既に窓の外は真っ暗だ。時計も既に一般家庭なら風呂に入っているかどうかの時間帯まで回っていてそれまで延々と作業をしていたという訳だ。現在進行形でエリカも動き回っていることを考えるとゆるい空気感に反して中々ハードな仕事だ。
「にしても……俺と3人、報告書分ける必要あったのかねえ」
妙な話だ。既に3人分元々一括にして出しているというのならばフカミのぶんも集約してしまえばいいものを。それならフカミが3人分の意見や報告をまとめつつ自身のものを仕上げることが出来た。
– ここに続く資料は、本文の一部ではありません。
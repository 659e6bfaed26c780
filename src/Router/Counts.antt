-- ===== src/Router/Counts.antt =====
-- The counters of oximqtt/src/router.rs against its relations.
use oximqtt.Base.{
  ℕ, ◌+◌, ◌≤◌, ◌<◌, ◌^◌, ◌≡◌, refl, ap, ◌∙◌, true, some, [], ◌∷◌, ok, arith, length, Result-cases,
  inl, inr,
}
use oximqtt.Base.Bytes.{Bytes, bytes_eq_iff}
use oximqtt.Base.Maps.{
  lookup, has_key, set, unset, bytes_key, length-set, length-unset, has_key-set,
}
use oximqtt.Topic.{from_str}
use oximqtt.Subscription.{IdData, SubscriptionOptions}
use oximqtt.Counter.Bounds.{Shows, Shows-inc_if, Shows-dec}
use oximqtt.Router.{
  DefaultRouter, Relations, AllRelationsMap, or_empty, is_none, is_empty, add, add_parsed, remove,
}
use oximqtt.Router.Keys.{IsValid, has_key-lookup}
use oximqtt.Router.Updates.{owns, removed, refused, one_less, last_one}

-- How many relations there are.
unfoldable pub size : AllRelationsMap → ℕ
size [] = 0
size ((f, m) ∷ all) = length m + size all

size-set :
    (f : Bytes) (m : Relations) (all : AllRelationsMap)
    → size (set f m all) + length (or_empty (lookup f all)) ≡ size all + length m
unfolding size set lookup
size-set f m [] = omega arith
size-set f m ((g, l) ∷ all) = ground (arith, size-set f m all)

size-unset :
    (f : Bytes) (m : Relations) (all : AllRelationsMap)
    → lookup f all ≡ some m
    → size (unset f all) + length m ≡ size all
unfolding size unset lookup
size-unset f m [] h = ground arith
size-unset f m ((g, l) ∷ all) h = ground (arith, size-unset f m all)

-- The counters show how many filters and how many relations there are.
abbrev pub IsCounted : DefaultRouter → Type 0
IsCounted r = Shows r.topics_count (length r.relations) × Shows r.relations_count (size r.relations)

-- `add` keeps the counters right, as long as they have room.
pub add-IsCounted :
    (f : Bytes) (id : IdData) (opts : SubscriptionOptions) (r r' : DefaultRouter)
    → IsCounted r
    → length r.relations + 1 < 2 ^ 63
    → size r.relations + 1 < 2 ^ 63
    → add f id opts r ≡ ok r'
    → IsCounted r'
unfolding add add_parsed
add-IsCounted f id opts r r' (a, b) u v h = elim (Result-cases (from_str f)) [
  | inr (e, p) ↦ ground arith
  | inl (t, p) ↦
      let q : add_parsed f t id opts r ≡ r' = ground arith in
      let rels = or_empty (lookup f r.relations) in
      let new = set id.client_id (id, opts) rels in
      rw (← q) (
        Shows-inc_if (is_none (lookup f r.relations)) r.topics_count (length r.relations)
            (length (set f new r.relations)) a u
            (ground (arith, length-set f new r.relations, has_key-lookup f r.relations)),
        Shows-inc_if (is_none (lookup id.client_id rels)) r.relations_count (size r.relations)
            (size (set f new r.relations)) b v
            (ground (
              arith,
              size-set f new r.relations,
              length-set id.client_id (id, opts) rels,
              has_key-lookup id.client_id rels,
            )),
      )
]

size-without :
    (f c : Bytes) (rels : Relations) (r : DefaultRouter)
    → lookup f r.relations ≡ some rels
    → has_key c rels ≡ true
    → size (set f (unset c rels) r.relations) + 1 ≡ size r.relations
size-without f c rels r e h =
    let q : or_empty (lookup f r.relations) ≡ rels = rw e refl in
    omega (arith, rw q at (size-set f (unset c rels) r.relations), length-unset c rels h)

length-without :
    (f c : Bytes) (rels : Relations) (r : DefaultRouter)
    → lookup f r.relations ≡ some rels
    → length (set f (unset c rels) r.relations) ≡ length r.relations
length-without f c rels r e =
    ground (arith, length-set f (unset c rels) r.relations, has_key-lookup f r.relations)

owns-has_key :
    (f : Bytes) (id : IdData) (rels : Relations) (r : DefaultRouter)
    → lookup f r.relations ≡ some rels
    → owns f id r ≡ true
    → has_key id.client_id rels ≡ true
owns-has_key f id rels r e o =
    let q = has_key-lookup id.client_id rels in let o' = rw (owns, e) at o in ground (arith, q, o')

size-empty :
    (f : Bytes) (m : Relations) (all : AllRelationsMap)
    → is_empty m ≡ true
    → size (unset f (set f m all)) ≡ size (set f m all)
unfolding size set unset
size-empty f [] [] h = ground (arith, bytes_eq_iff f f)
size-empty f [] ((g, l) ∷ all) h = ground (arith, size-empty f [] all)
size-empty f (x ∷ m) all h = absurd (ground arith)

-- `remove` keeps the counters right in a valid router.
pub remove-IsCounted :
    (f : Bytes) (id : IdData) (r : DefaultRouter)
    → IsValid r
    → IsCounted r
    → IsCounted (remove f id r).1
remove-IsCounted f id r v (a, b) = elim (removed f id r v) [
  | refused o q ↦ rw q (a, b)
  | one_less rels e o h q ↦ rw q (
    rw (length-without f id.client_id rels r e) a,
    Shows-dec r.relations_count _ _ b
        (size-without f id.client_id rels r e (owns-has_key f id rels r e o)),
  )
  | last_one rels t e o h p q ↦
      let left = unset id.client_id rels in
      rw q (
        Shows-dec r.topics_count _ _ a (
            ground (
              arith,
              length-without f id.client_id rels r e,
              length-unset f (set f left r.relations),
              has_key-set f f left r.relations,
              bytes_eq_iff f f,
            )),
        Shows-dec r.relations_count _ _ b (
            ap (λ x. x + 1) (size-empty f left r.relations h)
            ∙ size-without f id.client_id rels r e (owns-has_key f id rels r e o)),
      )
]

-- No request adds more than one filter and one relation.
pub add-sizes :
    (f : Bytes) (id : IdData) (opts : SubscriptionOptions) (r r' : DefaultRouter)
    → add f id opts r ≡ ok r'
    → (length r'.relations ≤ length r.relations + 1) × (size r'.relations ≤ size r.relations + 1)
unfolding add add_parsed
add-sizes f id opts r r' h = elim (Result-cases (from_str f)) [
  | inr (e, p) ↦ ground arith
  | inl (t, p) ↦
      let q : add_parsed f t id opts r ≡ r' = ground arith in
      let rels = or_empty (lookup f r.relations) in
      let new = set id.client_id (id, opts) rels in
      rw (← q) (
        ground (arith, length-set f new r.relations),
        ground (arith, size-set f new r.relations, length-set id.client_id (id, opts) rels),
      )
]

pub remove-sizes :
    (f : Bytes) (id : IdData) (r : DefaultRouter)
    → IsValid r
    → (length (remove f id r).1.relations ≤ length r.relations)
      × (size (remove f id r).1.relations ≤ size r.relations)
remove-sizes f id r v = elim (removed f id r v) [
  | refused o q ↦ rw q (omega arith, omega arith)
  | one_less rels e o h q ↦
      let c = owns-has_key f id rels r e o in
      rw q (
        omega (arith, length-without f id.client_id rels r e),
        omega (arith, size-without f id.client_id rels r e c),
      )
  | last_one rels t e o h p q ↦
      let left = unset id.client_id rels in
      let c = owns-has_key f id rels r e o in
      rw q (
        ground (
          arith,
          length-without f id.client_id rels r e,
          length-unset f (set f left r.relations),
          has_key-set f f left r.relations,
          bytes_eq_iff f f,
        ),
        omega (arith, size-empty f left r.relations h, size-without f id.client_id rels r e c),
      )
]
なのに何故フカミだけが――そんな疑問に答えてくれる人間はここにはいなかった。
「分かりませんよそんなこと……んー……」
ヤケクソ気味に伸びをするアサギの背後に回り彼女が作業しているPC内の報告書を覗き込む。
まだ中途半端な状態だった。それに加えて――
「……誤字ってる」
「え、どこ!?」
「今出てる上から4行目。M1アストレイって記述がM1アストレアになってる」
その指摘が事実であることを目の当たりにしたアサギががっくりと項垂れる。
「報告したいことに対して規定文字数が多すぎるんですよこれ……隊長さんどうしてるんです?」
フカミ当人は実際操作感の変わりようを一つ一つ文章化しているので特に文字数で困らされたことはないが、それが出来るのはおそらくフカミ当人がまだ『ネタ切れ』を起こしていないからだ。規定文字数は下手な学生レポートの何倍も要求されるので苦手な人間だと朝まで終わらない。
じゃあそれを考慮して出来ることは――
「読書感想文ってあるだろ」
「ものすごく思い出したくない単語が来ましたね」
「分かる」
唐突な切り出しと共に嫌な思い出を掘り起こされたのか心底嫌そうな顔をアサギはする。この辺はフカミも同じだった。大人に対しての機嫌取りのような本とその感想を手書きで書かされていた時の絶望感と手の痛さは二度と思い出したくもない。
「文字数稼ぎは得意でな」
ニタァ……と笑うこの瞬間、最早軍人ではなくその辺の悪ガキだろう。
「あー、そういうこと」
それに同じようにアサギもその辺の悪だくみをする悪ガキじみた笑みで返した。
最低でも0時前までに終わらせよう。そうフカミは思いながら文字稼ぎ出来そうな所を探しながらアサギと打ち込みを再開した。
それはそれとして。いい加減なもので仕上げるのもよくないので取り敢えず質問なりなんなりして引き出させたが。
「終わったーーーーーっ!」
「はい、お疲れ」
日が変わる1時間前。アサギの苦行苦役あらゆる何かから解放されたような声が静かな部屋にこだました。